Thierry Fiorilli
Au Liban, certains braquent leur banque pour récupérer leur argent (chronique)
Au Liban, pas pour voler mais pour récupérer leur argent, certains braquent leur banque. Des braquages qu’on peut estimer justes.
Il y a des choses, on ne peut pas les faire, c’est interdit. Mais si quelqu’un les fait quand même et que les lois les prohibant sont iniques, elles sont admirables. Aider ceux que les meutes traquent. Tourner la carabine, malgré l’ordre de tirer. Culbuter en pleine rue le couvre-chef des suppôts du tyran. Des choses justes, mais qu’on n’ose pas, ou plus. Au Liban, Sali Hafiz, 28 ans, architecte d’intérieur sans boulot, Abdallah el-Saï, 37 ans, cafetier, Bassam el-Cheikh, 42 ans, ex-moniteur de plongée, et quatre autres ont osé. Braquer une banque. Pas pour voler, mais pour récupérer. Ils sont, depuis, des icônes, leur acte, illégal, étant tenu pour légitime et héroïque. Là-bas, c’est le carnage: la monnaie a perdu 90% de sa valeur (un dollar vaut quarante mille livres libanaises), 80% de la population (6,8 millions d’âmes) vivent sous le seuil de pauvreté établi par la Banque mondiale (2,15 dollars par jour), les retraits d’argent sont limités depuis trois ans à quatre cents dollars par mois et le système bancaire s’est effondré, entre corruption, fuite de capitaux et arnaques XXL.

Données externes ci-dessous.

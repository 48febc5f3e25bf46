-- ===== src/Autonomy/Proposals.antt =====
-- app/autonomy/proposals.py: what the runtime makes of the untrusted output of a reasoning
-- provider. The tests of `isinstance` hold by the types. `is_blank` is `not text.strip()`, and new
-- identifiers are handed in. Confidences are millionths, so that none is negative.
pub mod Authority
use brainless_agent.Common.{
  ℕ, suc, ◌+◌, String, Bool, true, false, not, ◌&&◌, ◌||◌, ◌==◌, Option, none, some, is_none, List,
  [], ◌∷◌, leb, length, nat_eq, is_empty, if◌then◌else◌, Result, ok, raise, proposal_rejected,
  difference, subset, contains,
}
use brainless_agent.Common.Dict.{Dict, get, keys}
use brainless_agent.Agents.Models.{Agent}
use brainless_agent.Agents.Tools.{RiskLevel, ToolSpec}
use brainless_agent.Agents.Manager.{Manager, get_agent, is_task}
use brainless_agent.Autonomy.Actions.{ComputerAction}
use brainless_agent.Autonomy.Gates.{ActionContract, Idempotency}

pub record ActionProposal (V : Type 0) : Type 0 where
  pub action_type : String
  pub arguments : Dict V
  pub reason : String
  pub expected_state : Dict V

pub data ProposalType : Type 0 where
  action plan observe replan : ProposalType

pub record ReasoningProposal (V : Type 0) : Type 0 where
  pub proposal_id : String
  pub goal_id : String
  pub task_id : String
  pub proposal_type : ProposalType
  pub intent : String
  pub candidate_actions : List (ActionProposal V)
  pub candidate_strategy : String
  pub required_capabilities : List String
  pub required_permissions : List String
  pub expected_outcomes : List String
  pub verification_requirements : List String
  pub risk_assessment : RiskLevel
  pub confidence : ℕ
  pub assumptions : List String

pub record ActionRequest (V : Type 0) : Type 0 where
  pub action_id : String
  pub task_id : String
  pub agent_id : String
  pub tool_id : String
  pub arguments : Dict V
  pub preconditions : Dict V
  pub expected_effects : Dict V
  pub verification : List String
  pub risk_level : RiskLevel
  pub idempotency : String
  pub timeout : Option ℕ
  pub permission : String

unfoldable pub to_computer_action : {V : Type 0} → ℕ → String → ActionRequest V → ComputerAction V
to_computer_action now reason request = record {
  action_type = request.tool_id;
  arguments = request.arguments;
  agent_id = request.agent_id;
  task_id = request.task_id;
  reason = reason;
  permission = request.permission;
  expected_state = request.expected_effects;
  action_id = request.action_id;
  timestamp = now;
}

-- `contract.idempotency.value if contract else "unknown"`
abbrev idempotency_of : {V : Type 0} → Option (ActionContract V) → String
idempotency_of none = "unknown"
idempotency_of (some contract) = elim contract.idempotency [
  | Idempotency.safe_to_retry ↦ "safe_to_retry"
  | Idempotency.conditionally_retryable ↦ "conditionally_retryable"
  | Idempotency.not_safe_to_retry ↦ "not_safe_to_retry"
]

abbrev preconditions_of : {V : Type 0} → Option (ActionContract V) → Dict V
preconditions_of none = []
preconditions_of (some contract) = contract.preconditions

abbrev timeout_of : {V : Type 0} → Option (ActionContract V) → Option ℕ
timeout_of none = none
timeout_of (some contract) = contract.timeout_seconds

abbrev pub contract_fits : {V : Type 0} → Option (ActionContract V) → String → Bool
contract_fits none tool_id = true
contract_fits (some contract) tool_id = contract.tool == tool_id

abbrev the_only : List String → String
the_only [] = ""
the_only (x ∷ xs) = x

-- `agent.current_task_id is not None and agent.current_task_id != task_id` is false
abbrev pub owns_task : Option String → String → Bool
owns_task current task_id = is_none current || is_task current task_id

abbrev pub is_action : ProposalType → Bool
is_action ProposalType.action = true
is_action t = false

module _ {V : Type 0} (is_blank : String → Bool) (contracts : Dict (ActionContract V)) where
  -- The checks of `validate_action` for a registered tool, and the request that it makes.
  unfoldable pub check_tool :
      (new_id agent_id task_id : String) (proposal : ActionProposal V) (verification : List String)
      (agent : Agent) (tool : ToolSpec)
      → Result (ActionRequest V)
  check_tool new_id agent_id task_id proposal verification agent tool =
      let contract = get proposal.action_type contracts in
      if not (contains proposal.action_type agent.available_tools)
      then raise (proposal_rejected "Proposed tool is not granted to agent")
      else if not (is_empty (difference (keys proposal.arguments) tool.input_schema))
      then raise (proposal_rejected "Proposal contains arguments outside the tool schema")
      else if not (is_empty (difference tool.input_schema (keys proposal.arguments)))
      then raise (proposal_rejected "Proposal omits required tool arguments")
      else if not (subset tool.required_permissions agent.permissions)
      then raise (proposal_rejected "Agent lacks required tool permissions")
      else if not (nat_eq (length tool.required_permissions) 1)
      then raise (proposal_rejected "Runtime computer action must have exactly one permission")
      else if not (contract_fits contract proposal.action_type)
      then raise (proposal_rejected "Action contract does not match tool")
      else ok (record {
        action_id = new_id;
        task_id = task_id;
        agent_id = agent_id;
        tool_id = proposal.action_type;
        arguments = proposal.arguments;
        preconditions = preconditions_of contract;
        expected_effects = proposal.expected_state;
        verification = verification;
        risk_level = tool.risk;
        idempotency = idempotency_of contract;
        timeout = timeout_of contract;
        permission = the_only tool.required_permissions;
      })

  abbrev pub check_agent :
      (new_id agent_id task_id : String) (proposal : ActionProposal V) (verification : List String)
      → Option ToolSpec
      → Result Agent
      → Result (ActionRequest V)
  check_agent new_id agent_id task_id proposal verification tool (raise e) = raise e
  check_agent new_id agent_id task_id proposal verification none (ok agent) =
      if owns_task agent.current_task_id task_id
      then raise (proposal_rejected "Proposed tool is not registered")
      else raise (proposal_rejected "Agent does not own the proposed task")
  check_agent new_id agent_id task_id proposal verification (some tool) (ok agent) =
      if owns_task agent.current_task_id task_id
      then check_tool new_id agent_id task_id proposal verification agent tool
      else raise (proposal_rejected "Agent does not own the proposed task")

  unfoldable pub validate_action :
      (new_id agent_id task_id : String) (proposal : ActionProposal V) (verification : List String)
      → Manager
      → Result (ActionRequest V)
  unfolding check_tool
  validate_action new_id agent_id task_id proposal verification m =
      if is_blank proposal.reason
      then raise (proposal_rejected "Action proposal requires reason and expected state")
      else check_agent new_id agent_id task_id proposal verification
          (get proposal.action_type m.tools) (get_agent agent_id m).0

  -- The comprehension at the end of `validate`, with identifiers numbered from `n`.
  unfoldable pub validate_all :
      (new_id : ℕ → String) (agent_id task_id : String) (verification : List String)
      → ℕ
      → List (ActionProposal V)
      → Manager
      → Result (List (ActionRequest V))
  unfolding validate_action
  validate_all new_id agent_id task_id verification n [] m = ok []
  validate_all new_id agent_id task_id verification n (p ∷ ps) m =
      elim (validate_action (new_id n) agent_id task_id p verification m) [
        | raise e ↦ raise e
        | ok request ↦ elim (validate_all new_id agent_id task_id verification (suc n) ps m) [
          | raise e ↦ raise e
          | ok requests ↦ ok (request ∷ requests)
        ]
      ]

  abbrev pub with_agent :
      (new_id : ℕ → String) (agent_id : String) (proposal : ReasoningProposal V)
      → Manager
      → Result Agent
      → Result (List (ActionRequest V))
  with_agent new_id agent_id proposal m (raise e) = raise e
  with_agent new_id agent_id proposal m (ok agent) =
      if subset proposal.required_permissions agent.permissions
      then validate_all new_id agent_id proposal.task_id proposal.verification_requirements 0
          proposal.candidate_actions m
      else raise (proposal_rejected "Proposal requests permissions the agent lacks")

  unfoldable pub validate :
      (new_id : ℕ → String) (agent_id : String) (proposal : ReasoningProposal V)
      → Manager
      → Result (List (ActionRequest V))
  unfolding validate_all
  validate new_id agent_id proposal m =
      if (proposal.proposal_id == "") || (proposal.goal_id == "")
      then raise (proposal_rejected "Malformed reasoning proposal")
      else if not (leb proposal.confidence 1000000)
      then raise (proposal_rejected "Proposal confidence must be between zero and one")
      else if is_action proposal.proposal_type && is_empty proposal.candidate_actions
      then raise (proposal_rejected "Action proposal has no candidate actions")
      else if not (is_action proposal.proposal_type) && not (is_empty proposal.candidate_actions)
      then raise (proposal_rejected "Non-action proposal cannot contain executable candidates")
      else with_agent new_id agent_id proposal m (get_agent agent_id m).0
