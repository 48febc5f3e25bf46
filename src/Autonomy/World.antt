-- ===== src/Autonomy/World.antt =====
-- app/autonomy/world_state.py and the states of models.py that it merges: the facts that the
-- runtime holds of the computer. `V` is the type of a dynamic value, `Values` the ways to make one,
-- with `None` and `==`. A time is a number of microseconds and a confidence a number of millionths, so that the
-- lower bound of `max(0.0, ...)` is met by every one. The order of the set `keys` of `diff` is that
-- of the two dictionaries.
pub mod Versions
pub mod Freshness
pub mod Model
pub mod Evidence
use brainless_agent.Common.{
  ℕ, ◌+◌, String, Bool, true, false, not, ◌&&◌, ◌||◌, ◌==◌, Option, none, some, List, [], ◌∷◌, ◌++◌,
  ltb, leb, nat_eq, if◌then◌else◌, contains, map,
}
use brainless_agent.Common.Dict.{Dict, get, put, keys, has}

pub data FactKind : Type 0 where
  observed inferred assumed stale : FactKind

abbrev pub is_stale : FactKind → Bool
is_stale FactKind.stale = true
is_stale kind = false

abbrev pub is_observed : FactKind → Bool
is_observed FactKind.observed = true
is_observed kind = false

-- `kind is other`
unfoldable pub same_kind : FactKind → FactKind → Bool
same_kind observed observed = true
same_kind inferred inferred = true
same_kind assumed assumed = true
same_kind stale stale = true
same_kind kind other = false

pub record Values (V : Type 0) : Type 0 where
  pub text : String → V
  pub texts : List String → V
  pub time : ℕ → V
  pub nothing : V
  pub same : V → V → Bool

-- Sizes and positions on the screen are pairs of integers; nothing here looks into them.
pub record ComputerState (V : Type 0) : Type 0 where
  pub timestamp : ℕ
  pub active_application : Option String
  pub active_window : Option String
  pub screen_size : Option V
  pub screenshot_reference : Option String
  pub cursor_position : Option V
  pub visible_ui : List String
  pub browser_url : Option String
  pub browser_title : Option String
  pub clipboard : Option String
  pub running_processes : List String
  pub recent_actions : List String
  pub last_action_result : Option String
  pub errors : List String
  pub progress : Option String

pub record WorldFact (V : Type 0) : Type 0 where
  pub value : V
  pub kind : FactKind
  pub source : String
  pub timestamp : ℕ
  pub confidence : ℕ
  pub evidence : Option String
  pub version : ℕ

pub record WorldSnapshot (V : Type 0) : Type 0 where
  pub version : ℕ
  pub captured_at : ℕ
  pub facts : Dict (WorldFact V)

pub record WorldState (V : Type 0) : Type 0 where
  pub stale_after : ℕ
  pub version : ℕ
  pub facts : Dict (WorldFact V)

-- `WorldStateManager(stale_after)`
abbrev pub new_world : {V : Type 0} → ℕ → WorldState V
new_world stale_after = record { stale_after = stale_after; version = 0; facts = [] }

-- `max(0.0, min(1.0, confidence))`
abbrev pub clamp : ℕ → ℕ
clamp confidence = if ltb 1000000 confidence then 1000000 else confidence

-- `WorldSnapshot.values`
unfoldable pub fact_values : {V : Type 0} → Dict (WorldFact V) → Dict V
fact_values [] = []
fact_values ((key, fact) ∷ facts) = (key, fact.value) ∷ fact_values facts

module _ {V : Type 0} (values : Values V) where
  abbrev text_field : Option String → Option V
  text_field none = none
  text_field (some t) = some (values.text t)

  -- `asdict(state).items()` less the timestamp, with `none` for `None`
  unfoldable pub items : ComputerState V → List (String × Option V)
  items state =
      ("active_application", text_field state.active_application)
      ∷ ("active_window", text_field state.active_window)
      ∷ ("screen_size", state.screen_size)
      ∷ ("screenshot_reference", text_field state.screenshot_reference)
      ∷ ("cursor_position", state.cursor_position)
      ∷ ("visible_ui", some (values.texts state.visible_ui))
      ∷ ("browser_url", text_field state.browser_url)
      ∷ ("browser_title", text_field state.browser_title)
      ∷ ("clipboard", text_field state.clipboard)
      ∷ ("running_processes", some (values.texts state.running_processes))
      ∷ ("recent_actions", some (values.texts state.recent_actions))
      ∷ ("last_action_result", text_field state.last_action_result)
      ∷ ("errors", some (values.texts state.errors))
      ∷ ("progress", text_field state.progress)
      ∷ []

  -- The item of a field; `none` for no such field and for `None` in it.
  unfoldable pub item_of : String → List (String × Option V) → Option V
  item_of key [] = none
  item_of key ((name, value) ∷ rest) = if name == key then value else item_of key rest

  -- `getattr(state, key, None)` for the fields of the class
  unfoldable pub getattr : ComputerState V → String → Option V
  unfolding items item_of
  getattr state key =
      if key == "timestamp" then some (values.time state.timestamp) else item_of key (items state)

  -- `ComputerState.compact` for the names of fields
  unfoldable pub compact : ComputerState V → List String → Dict (Option V)
  unfolding getattr
  compact state [] = []
  compact state (field ∷ fields) = put field (getattr state field) (compact state fields)

  abbrev same_option : Option V → Option V → Bool
  same_option none none = true
  same_option (some a) (some b) = values.same a b
  same_option none (some b) = false
  same_option (some a) none = false

  -- The comprehension of `ComputerState.diff` over the fields but the timestamp
  unfoldable pub changed_fields :
      ComputerState V → List (String × Option V) → Dict (Option V × Option V)
  unfolding getattr
  changed_fields later [] = []
  changed_fields later ((field, value) ∷ rest) =
      if same_option value (getattr later field)
      then changed_fields later rest
      else (field, (value, getattr later field)) ∷ changed_fields later rest

  unfoldable pub state_diff : ComputerState V → ComputerState V → Dict (Option V × Option V)
  unfolding items changed_fields
  state_diff state later = changed_fields later (items state)

-- The body of the loop of `capture`, for one item.
abbrev pub fact_at :
    {V : Type 0} (source : String) (evidence : Option String) (confidence timestamp version : ℕ)
    (value : V)
    → WorldFact V
fact_at source evidence confidence timestamp version value = record {
  value = value;
  kind = FactKind.observed;
  source = source;
  timestamp = timestamp;
  confidence = clamp confidence;
  evidence = evidence;
  version = version;
}

abbrev pub merge_item :
    {V : Type 0} → (V → WorldFact V) → String → Option V → Dict (WorldFact V) → Dict (WorldFact V)
merge_item fact name none facts = facts
merge_item fact name (some value) facts = put name (fact value) facts

unfoldable pub merge_items :
    {V : Type 0}
    → (V → WorldFact V)
    → List (String × Option V)
    → Dict (WorldFact V)
    → Dict (WorldFact V)
merge_items fact [] facts = facts
merge_items fact ((name, value) ∷ rest) facts =
    merge_items fact rest (merge_item fact name value facts)

-- `now - fact.timestamp > self.stale_after` for a fact that is not stale yet
abbrev pub expires : {V : Type 0} → ℕ → ℕ → WorldFact V → Bool
expires now stale_after fact = not (is_stale fact.kind) && ltb (fact.timestamp + stale_after) now

abbrev pub spoil : {V : Type 0} → ℕ → WorldFact V → WorldFact V
spoil version fact = record fact { kind = FactKind.stale; version = version }

-- The loop of `invalidate_stale` over the items: the version after it, the facts, and the names of
-- those that it made stale.
unfoldable pub invalidate :
    {V : Type 0} (now stale_after version : ℕ)
    → Dict (WorldFact V)
    → ℕ × Dict (WorldFact V) × List String
invalidate now stale_after version [] = (version, [], [])
invalidate now stale_after version ((key, fact) ∷ facts) =
    let old = expires now stale_after fact in
    let here = if old then version + 1 else version in
    let (version', rest, names) = invalidate now stale_after here facts in
    (
      version',
      (key, if old then spoil here fact else fact) ∷ rest,
      if old then key ∷ names else names,
    )

unfoldable pub invalidate_stale : {V : Type 0} → ℕ → WorldState V → List String × WorldState V
unfolding invalidate
invalidate_stale now w =
    let (version, facts, names) = invalidate now w.stale_after w.version w.facts in
    (names, record w { version = version; facts = facts })

unfoldable pub snapshot : {V : Type 0} → ℕ → WorldState V → WorldSnapshot V × WorldState V
unfolding invalidate_stale
snapshot now w =
    let (names, w') = invalidate_stale now w in
    (record { version = w'.version; captured_at = now; facts = w'.facts }, w')

-- `capture`, less the snapshot that it ends with
unfoldable pub observe_state :
    {V : Type 0} (values : Values V) (source : String) (evidence : Option String) (confidence : ℕ)
    (state : ComputerState V)
    → WorldState V
    → WorldState V
unfolding merge_items items
observe_state values source evidence confidence state w =
    let version = w.version + 1 in
    record w {
      version = version;
      facts =
          merge_items (fact_at source evidence confidence state.timestamp version)
            (items values state) w.facts;
    }

unfoldable pub capture :
    {V : Type 0} (values : Values V) (now : ℕ) (source : String) (evidence : Option String)
    (confidence : ℕ) (state : ComputerState V)
    → WorldState V
    → WorldSnapshot V × WorldState V
unfolding snapshot observe_state
capture values now source evidence confidence state w =
    snapshot now (observe_state values source evidence confidence state w)

-- `WorldStateManager.record`
unfoldable pub record_fact :
    {V : Type 0} (now : ℕ) (key : String) (value : V) (kind : FactKind) (source : String)
    (confidence : ℕ) (evidence : Option String)
    → WorldState V
    → WorldFact V × WorldState V
record_fact now key value kind source confidence evidence w =
    let fact = record (fact_at source evidence confidence now (w.version + 1) value) {
      kind = kind;
    } in
    (fact, record w { version = w.version + 1; facts = put key fact w.facts })

abbrev pub if_observed : {V : Type 0} → Bool → Option (WorldFact V) → Option (WorldFact V)
if_observed require_observed none = none
if_observed require_observed (some fact) =
    if not require_observed || is_observed fact.kind then some fact else none

-- `WorldStateManager.get`
unfoldable pub get_fact :
    {V : Type 0} (now : ℕ) (key : String) (require_observed : Bool)
    → WorldState V
    → Option (WorldFact V) × WorldState V
unfolding invalidate_stale
get_fact now key require_observed w =
    let (names, w') = invalidate_stale now w in
    (if_observed require_observed (get key w'.facts), w')

-- `a == b` for two facts, and for two look-ups of one
abbrev same_text : Option String → Option String → Bool
same_text none none = true
same_text (some a) (some b) = a == b
same_text none (some b) = false
same_text (some a) none = false

abbrev pub same_fact : {V : Type 0} → (V → V → Bool) → WorldFact V → WorldFact V → Bool
same_fact same a b =
    same a.value b.value
    && same_kind a.kind b.kind
    && (a.source == b.source)
    && nat_eq a.timestamp b.timestamp
    && nat_eq a.confidence b.confidence
    && same_text a.evidence b.evidence
    && nat_eq a.version b.version

abbrev pub same_found :
    {V : Type 0} → (V → V → Bool) → Option (WorldFact V) → Option (WorldFact V) → Bool
same_found same none none = true
same_found same (some a) (some b) = same_fact same a b
same_found same none (some b) = false
same_found same (some a) none = false

abbrev value_of : {V : Type 0} → Option (WorldFact V) → Option V
value_of none = none
value_of (some fact) = some fact.value

-- The comprehension of `diff` over some of the keys
unfoldable pub diff_over :
    {V : Type 0} (same : V → V → Bool) (before after : Dict (WorldFact V))
    → List String
    → Dict (Option V × Option V)
diff_over same before after [] = []
diff_over same before after (key ∷ rest) =
    if same_found same (get key before) (get key after)
    then diff_over same before after rest
    else (key, (value_of (get key before), value_of (get key after)))
      ∷ diff_over same before after rest

-- The keys of `after` that are not in `before`
unfoldable pub new_keys : List String → List String → List String
unfolding contains
new_keys old [] = []
new_keys old (key ∷ rest) = if contains key old then new_keys old rest else key ∷ new_keys old rest

unfoldable pub diff :
    {V : Type 0} → (V → V → Bool) → WorldSnapshot V → WorldSnapshot V → Dict (Option V × Option V)
unfolding diff_over new_keys
diff same before after =
    diff_over same before.facts after.facts
      (keys before.facts ++ new_keys (keys before.facts) (keys after.facts))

Abdallah voulait retirer cinquante mille dollars, parce qu’on lui en avait piqué quinze mille et qu’il a des dettes. Bassam tablait sur les 210 000 dollars (au taux d’avant la cata) d’économies familiales, pour l’opération et le traitement de son père, tétraplégique. Sali visait ses vingt mille dollars, pour que le cancer de sa sœur soit enfin soigné. En vain. «Ce qui m’a fait vriller, raconte Bassam au magazine Society, c’est la nonchalance du banquier, son air insolent quand il refusait mes demandes.»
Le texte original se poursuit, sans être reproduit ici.